Change 817900 merged by jenkins-bot:

[mediawiki/services/parsoid@master] Add config support for nowiki stripping for ext args in #tag calls

I did a codesearch on enwiki to find other uses of this nowiki hack and found only one other instance and turns out that this is only used on the doc page the template. I did a quick search on dewiki, itwiki, ptwiki a bit randomly and didn't find this hack used on those other wikis.

Looks like I also needed to look at this search as well. uses this nowiki hack too but it isn't used anywhere.

I reopened T272507: mw.text.unstripNoWiki doesn't unstrip when using Parsoid for the non-hacky uses of nowiki so we decouple that work from this task.

Change 822177 had a related patch set uploaded (by Subramanya Sastry; author: Subramanya Sastry):

[mediawiki/core@master] Add functionality to enable Scribunto to support Parsoid properly

I expect if my current fix for T272507 sticks, it might also support the hacky nowiki uses used by templates / modules to minimize escaping.

Change 822641 had a related patch set uploaded (by Subramanya Sastry; author: Subramanya Sastry):

[mediawiki/vendor@master] Bump wikimedia/parsoid to 0.16.0-a19

Change 822641 merged by jenkins-bot:

[mediawiki/vendor@master] Bump wikimedia/parsoid to 0.16.0-a19

Change 816086 merged by jenkins-bot:

[mediawiki/core@master] Added Parsoid support for nowiki stripping in args of {{#tag:ext|...}}

Change 826408 had a related patch set uploaded (by Subramanya Sastry; author: Subramanya Sastry):

[mediawiki/core@master] Add support to enable Scribunto & Parsoid to handle nowikis properly

Change 826408 merged by jenkins-bot:

[mediawiki/core@master] Add support to enable Scribunto & Parsoid to handle nowikis properly

Change 822177 abandoned by Subramanya Sastry:

[mediawiki/core@master] Add functionality to enable Scribunto to support Parsoid properly


In favour of Ied0295feab06027a8df885b3215435e596f0353b

I can't find the related task at the moment, so I'm dumping some content from slack here for future reference.

<mapframe> ... </mapframe> -- the semantics are that the contents between tags is completely unprocessed. This is one of the few relatively reliable escape mechanisms. Of course (like with <poem> or <pre>) the extension could recursively invoke the parser on it, but it is given to the extension untouched.

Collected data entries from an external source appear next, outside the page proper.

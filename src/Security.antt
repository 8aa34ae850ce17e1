-- ===== src/Security.antt =====
-- internal/security/security.go: sensitive names, and the checks of URLs.
pub mod Headers
pub mod Documents
use shadow_relay.Prelude.{
  String, Bool, false, not, ◌&&◌, ◌||◌, Option, none, some, List, [], ◌∷◌, ◌==◌, contains, any,
  contains_any, has_suffix, without,
}

-- A URL as net/url reads it.
pub record Url : Type 0 where
  pub scheme : String
  -- `Hostname()`
  pub host : String
  -- `User != nil`
  pub has_user : Bool
  pub fragment : String
  -- the keys of `url.ParseQuery`, none where it fails
  pub query : Option (List String)

-- `url.Parse`, and `strings.ToLower`.
pub record Urls : Type 0 where
  pub parse : String → Option Url
  pub to_lower : String → String

abbrev pub sensitive : List String
sensitive =
    "token" ∷ "accesstoken" ∷ "apikey" ∷ "password" ∷ "passwd" ∷ "secret" ∷ "authorization"
    ∷ "cookie" ∷ "cookies" ∷ "setcookie" ∷ "xembytoken" ∷ "xapikey" ∷ "username" ∷ []

abbrev secret_parameters : List String
secret_parameters = "auth" ∷ "key" ∷ "code" ∷ "session" ∷ "signature" ∷ "jwt" ∷ "credential" ∷ []

module _ (urls : Urls) where
  unfoldable pub is_sensitive_key : String → Bool
  is_sensitive_key key =
      let k = urls.to_lower (without "-_." key) in
      contains sensitive k
      || has_suffix k "password"
      || has_suffix k "secret"
      || has_suffix k "token"

  -- The checks that SafeURL and SafePlayURL share.
  unfoldable pub is_plain_url : String → Url → Bool
  is_plain_url raw u =
      not (u.host == "")
      && (u.scheme == "https" || u.scheme == "http")
      && not (u.has_user || not (u.fragment == "") || contains_any raw "\r\n\0")

  unfoldable pub is_secret_parameter : String → Bool
  is_secret_parameter k = is_sensitive_key k || contains secret_parameters (urls.to_lower k)

  -- `SafeURL(raw) == nil`
  unfoldable pub is_safe_url : String → Bool
  is_safe_url raw = elim (urls.parse raw) [
    | none ↦ false
    | some u ↦
        is_plain_url raw u
        && elim u.query [ none ↦ false | some keys ↦ not (any is_secret_parameter keys) ]
  ]

  -- `SafePlayURL(raw) == nil`: signed links may carry their signature.
  unfoldable pub is_safe_play_url : String → Bool
  is_safe_play_url raw = elim (urls.parse raw) [ none ↦ false | some u ↦ is_plain_url raw u ]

{{#tag|mapframe|I can use {{templates}} here}} is given to the extension after expansion, I believe (could be wrong about this!). It is explicitly recommended in for example.

As with all things, there are probably ways to get different behavior if you "try hard", aka explicitly give the <tag> contents to a recursive invocation of the parser in the first case, and use the "strip state hack" to protect the template-y arguments in the second case [and that is what this particular task is about].

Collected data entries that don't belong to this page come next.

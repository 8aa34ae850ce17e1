-- ===== src/Security/Headers.antt =====
-- ValidateHeaders of internal/security/security.go. A Go map is a list of its pairs, in the order
-- in which the loop meets them.
use Prim.Native.Char.{code}
use shadow_relay.Prelude.{
  ℕ, String, Bool, true, not, ◌&&◌, ◌||◌, Option, none, some, List, [], ◌∷◌, ◌==◌, ltb, leb,
  contains, length, byte_len, contains_any, has_code, starts_with, if◌then◌else◌, ◌<>◌,
}
use shadow_relay.Security.{Urls}

abbrev pub Headers : Type 0
Headers = List (String × String)

-- The characters of a token of RFC 7230.
unfoldable pub is_token_char : ℕ → Bool
is_token_char c =
    (leb 97 c && leb c 122)
    || (leb 65 c && leb c 90)
    || (leb 48 c && leb c 57)
    || has_code c "!#$%&'*+-.^_`|~"

unfoldable pub is_token : String → Bool
is_token String.[] = true
is_token (String.◌∷◌ c s) = is_token_char (code c) && is_token s

-- The names that the transport sets itself.
abbrev pub transport_headers : List String
transport_headers =
    "host" ∷ "connection" ∷ "content-length" ∷ "transfer-encoding" ∷ "accept-encoding"
    ∷ "proxy-authorization" ∷ []

module _ (urls : Urls) where
  unfoldable pub is_bad_header : String → String → Bool
  is_bad_header k v =
      let l = urls.to_lower k in
      k == ""
      || ltb 8192 (byte_len v)
      || contains_any (k <> v) "\r\n\0"
      || contains transport_headers l
      || starts_with l "proxy-"

  unfoldable pub header_error : Headers → Option String
  header_error [] = none
  header_error ((k, v) ∷ h) =
      let rest = header_error h in
      if not (is_token k)
      then some "invalid credential header name"
      else if is_bad_header k v
      then some "invalid credential header"
      else rest

  -- `ValidateHeaders`: none is `nil`.
  unfoldable pub validate_headers : Headers → Option String
  validate_headers h = if ltb 16 (length h) then some "too many headers" else header_error h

My personal goal w/ the extension API is to provide a more uniform interface, so that the extension author will basically have the same mechanisms available no matter how the extension (parser function, behavior switch, ....) is invoked, and they call $arg->asRawText() or $arg->asHtml() or $arg->asExpandedWikitext) or whatever to get the format they want.

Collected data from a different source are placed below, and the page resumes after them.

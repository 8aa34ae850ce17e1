-- ===== src/Fetch/Requests.antt =====
-- internal/fetch/fetch.go: what request asks of a request before it is sent, where redirects may
-- lead, and what it takes of an answer.
use shadow_relay.Prelude.{
  ℕ, zero, suc, ◌≤◌, ◌<◌, String, Bool, true, false, not, ◌&&◌, ◌||◌, Option, none, some, List, [],
  ◌∷◌, ◌==◌, eqb, leb, ltb, if◌then◌else◌, length, ◌≡◌, ◌⊎◌, inl, inr, refl, arith, all, ap,
}
use shadow_relay.Security.{Urls, Url, is_safe_url}
use shadow_relay.Security.Headers.{Headers, validate_headers}
use shadow_relay.Fetch.{Policy}
use shadow_relay.Fetch.Proxy.{validate_proxy}
use shadow_relay.Fetch.Addresses.{Addresses, is_allowed}

-- The tests before the request is built; none where it may go out.
unfoldable pub request_error : Urls → List String → String → Policy → Headers → Option String
request_error urls profiles raw p h = elim (validate_proxy profiles p) [
  | some m ↦ some m
  | none ↦ if not (is_safe_url urls raw) then some "unsafe URL" else validate_headers urls h
]

-- The addresses that DialContext tries, of those that the lookup gave: all of them, or none.
unfoldable pub dial_addresses :
    {A : Type 0} → Addresses A → List String → Policy → Option (List A) → List A
dial_addresses net trusted p none = []
dial_addresses net trusted p (some ips) =
    if all (λ a. is_allowed net trusted a p) ips then ips else []

-- CheckRedirect, after `hops` requests of which the first went to `origin`: an error, or whether
-- the headers go along.
unfoldable pub check_redirect : Urls → ℕ → Url → String → Url → String ⊎ Bool
check_redirect urls hops origin raw target =
    if leb 5 hops
    then inl "too many redirects"
    else if not (is_safe_url urls raw)
    then inl "unsafe URL"
    else inr (origin.host == target.host && origin.scheme == target.scheme)

-- An answer, with the bytes of its body.
pub record Response : Type 0 where
  pub status : ℕ
  pub etag : String
  pub last_modified : String
  pub content_type : String
  pub content_encoding : String
  pub body : List ℕ

-- `Result`
pub record Taken : Type 0 where
  pub body : List ℕ
  pub status : ℕ
  pub etag : String
  pub last_modified : String
  pub content_type : String

-- `io.LimitReader`
unfoldable pub limited : ℕ → List ℕ → List ℕ
limited zero xs = []
limited (suc n) [] = []
limited (suc n) (x ∷ xs) = x ∷ limited n xs

abbrev taken_of : Response → List ℕ → Taken
taken_of r body = record {
  body = body;
  status = r.status;
  etag = r.etag;
  last_modified = r.last_modified;
  content_type = r.content_type;
}

-- What request returns for an answer; a partial request asked for the first `limit` bytes.
unfoldable pub take_answer : ℕ → Bool → Response → String ⊎ Taken
take_answer limit partial r =
    let body = limited (if partial then limit else suc limit) r.body in
    if eqb r.status 304
    then inr (taken_of r [])
    else if ltb r.status 200 || leb 300 r.status
    then inl "upstream HTTP"
    else if not (r.content_encoding == "") && not (r.content_encoding == "identity")
    then inl "compressed response is not accepted"
    else if not partial && ltb limit (length body)
    then inl "upstream body too large"
    else if eqb (length body) 0
    then inl "empty upstream body"
    else inr (taken_of r body)

length-limited-le : (n : ℕ) (xs : List ℕ) → length (limited n xs) ≤ n
unfolding limited
length-limited-le zero xs = omega arith
length-limited-le (suc n) [] = omega arith
length-limited-le (suc n) (x ∷ xs) = omega (arith, length-limited-le n xs)

limited_whole : (n : ℕ) (xs : List ℕ) → length (limited (suc n) xs) ≤ n → limited (suc n) xs ≡ xs
unfolding limited
limited_whole n [] h = limited-nil (suc n)
  where
    limited-nil : (m : ℕ) → limited m [] ≡ []
    limited-nil zero = refl
    limited-nil (suc m) = refl
limited_whole zero (x ∷ xs) h = ground (arith, h)
limited_whole (suc n) (x ∷ xs) h = ap (λ ys. x ∷ ys) (limited_whole n xs (omega (arith, h)))

-- where an answer is taken, it is a 304 without a body, or a status of 200 to 299 with a body of
-- at least one and at most as many bytes as the limit, which is the whole body of the answer
-- unless only a part was asked for.
pub take_answer_bounds :
    (limit : ℕ) (partial : Bool) (r : Response) (t : Taken)
    → take_answer limit partial r ≡ inr t
    → (t.status ≡ r.status)
      × (((r.status ≡ 304) × (t.body ≡ []))
          ⊎ ((200 ≤ r.status)
              × (r.status < 300)
              × (0 < length t.body)
              × (length t.body ≤ limit)
              × ((partial ≡ true) ⊎ (t.body ≡ r.body))))
unfolding take_answer
take_answer_bounds limit true r t e = let h = length-limited-le limit r.body in ground (arith, e, h)
take_answer_bounds limit false r t e =
    let whole = limited_whole limit r.body in ground (arith, e, whole)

The legacy parser API is also pretty ad hoc, and it's not well documented how to get the format you want from each type of extension point (extension tag, parser function, behavior switch, ..).

Note that we already have a similar mechanism for the output of an extension point (tag, parser function, etc) which can almost always be either "expanded wikitext" or "HTML". Sometimes the wikitext output is subject to further processing, sometimes not; sometimes you have to use strip state in order to access the "HTML" output. But there is some means to get different types of output, it's just not handled in a uniform way.

(This is expanding scope, but I'd also like to see the input and output types explicitly synchronized, to more cleanly handle the {{foo|{{bar}}}} case, and I'd like to add some structured data type like JSON or a name/value map (for parameters, attributes, etc) to the universe.)